Dear Steve. How does one break a trunnion? If it is broken try a small machine shop and have them braze the cast iron (assumption for 1983) or if they are real good they can arc with cast-iron rods, if this is a machine you purchased in parts, have them make a couple of 1/2 moon brackets (check cost) and if it is to much put it back on craigslist and look at the new Grizzleys - much better quality than before and sale prices are great. Lastly, look at the manuals from Jet, Delta and Sears from the same period find the one with the closest design, epoxy wood blocks to the back side of the table and screw the different trunnions in place, after squaring the whole conglomeration.

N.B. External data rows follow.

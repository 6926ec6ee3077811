-- ===== src/Paged/Engine/Reach.antt =====
-- The states that the engine of paged/PageEngine.cpp reaches: its operations and its clients' writes to
-- the table as steps, and what all of them keep.
use option_hedge.Base.{ℕ, ◌≡◌, ◌≢◌, ◌<◌, Bool, Option}
use option_hedge.Base.Text.{Text}
use option_hedge.Os.{Os, ok}
use option_hedge.Paged.Msg.{PageCommMsg, raw, set_msg, max_comm_user_number}
use option_hedge.Paged.Engine.{SystemWriter, Engine, reg_journal, reg_client}
use option_hedge.Paged.Engine.Slots.{IsRaw}
use option_hedge.Paged.Engine.Requests.{serve, exit_client}
use option_hedge.Paged.Engine.Sound.{
  IsSound, writes-IsSound, serves-IsSound, exits-IsSound, registers-IsSound, joins-IsSound,
}

module _ (os : Os) (system : SystemWriter os) (dump : Text → Text → ℕ → ℕ → ℕ → Text) where
  -- A step that does not fail. A journal is registered while a message among the first 1000 is raw,
  -- and a client writes a message that is not raw, and does not make it raw.
  pub data Step (e : Engine os system) : Engine os system → Type 0 where
    registers :
        (name : Text) (pid : ℕ) (is_writer : Bool) (r : Option (Text × ℕ)) (f : Engine os system)
        → reg_client os system name pid is_writer e ≡ ok (r, f)
        → Step e f
    joins :
        (name : Text) (k : ℕ)
        → k < max_comm_user_number
        → IsRaw e.comm k
        → Step e (reg_journal os system name e).1
    serves : (idx : ℕ) (f : Engine os system) → serve os system idx e ≡ ok (tt, f) → Step e f
    exits :
        (name : Text) (f : Engine os system)
        → exit_client os system dump name e ≡ ok (tt, f)
        → Step e f
    writes :
        (idx : ℕ) (msg : PageCommMsg)
        → ¬ IsRaw e.comm idx
        → msg.status ≢ raw
        → Step e (record e { comm = set_msg idx msg e.comm })

  pub data Reach (e : Engine os system) : Engine os system → Type 0 where
    here : Reach e e
    next : {f g : Engine os system} → Reach e f → Step f g → Reach e g

  Step-IsSound :
      (e f : Engine os system) → Step e f → IsSound os system dump e → IsSound os system dump f
  Step-IsSound e f (registers name pid is_writer r _ h) =
      registers-IsSound os system dump e f name pid is_writer r h
  Step-IsSound e _ (joins name k small r) = joins-IsSound os system dump e name k small r
  Step-IsSound e f (serves idx _ h) = serves-IsSound os system dump e f idx h
  Step-IsSound e f (exits name _ h) = exits-IsSound os system dump e f name h
  Step-IsSound e _ (writes idx msg held used) = writes-IsSound os system dump e idx msg used held

  -- In every state that the engine reaches, each message on a client's list is in use, and is on no
  -- other client's list: the steps are the registration of clients and of journals, rounds of the comm
  -- thread, exits, and the clients' writes to messages in use. It is stated for runs in which no step
  -- fails and a journal is registered only while a message among the first 1000 is raw.
  pub Reach-IsSound :
      (e f : Engine os system) → IsSound os system dump e → Reach e f → IsSound os system dump f
  Reach-IsSound e _ sound here = sound
  Reach-IsSound e f sound (next {f = g} run step) =
      Step-IsSound g f step (Reach-IsSound e g sound run)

There is always a solution, whether it is cost effective or not is a different issue

Good luck - Baker


----------



## swclark (Jan 6, 2013)

Thanks for the feedback. I got the saw for free and was just trying to make it work. Hate to trash it. I'll try Craigs List.


----------



## CGeorge1 (Oct 14, 2004)

*Grizzly Trunnion parts*

Hi Steve, Coincidentally I just broke the trunnions on my Grizzly G1019 yesterday! They broke when I was trying to move the saw and tried lifting on the table instead of the arm underneath it.http://www.routerforums.com/images/smilies/sad.gif
I placed an order a little while ago with Grizzly. Part number id P1019Z083 (an upgrade trunnion). Cost was $17.50 each and in my case I need two. You may also need the scale and pointer at $1.00 each. Part number P1019152 Scale, P1019153 Pointer. The scale is currently back ordered until Feb.


----------



## CGeorge1 (Oct 14, 2004)

Steve, Just a follow up. You may have been mislead by the fact that they no longer make the G1019 but they upgraded after that model to a G1019Z for which parts are still available. I bought the dust collector chute for the Z and with some easy modification was able to install it on my older model in the same place they show it on the Z model.


----------



## swclark (Jan 6, 2013)

Thanks for the feedback. I found those parts awhile back but wasn't sure if they would fit the old machine. I'll place my order. Thanks


----------



## greenacres2 (Dec 23, 2011)

Good point from George. In addition, i've found on a few occasions that calling Grizzly may result in finding a few parts that show as discontinued on the web site but they have a few left in stock. I have two oddball casters that are supposed to deliver this afternoon that are a case in point. (i hope they are right!!)

earl


----------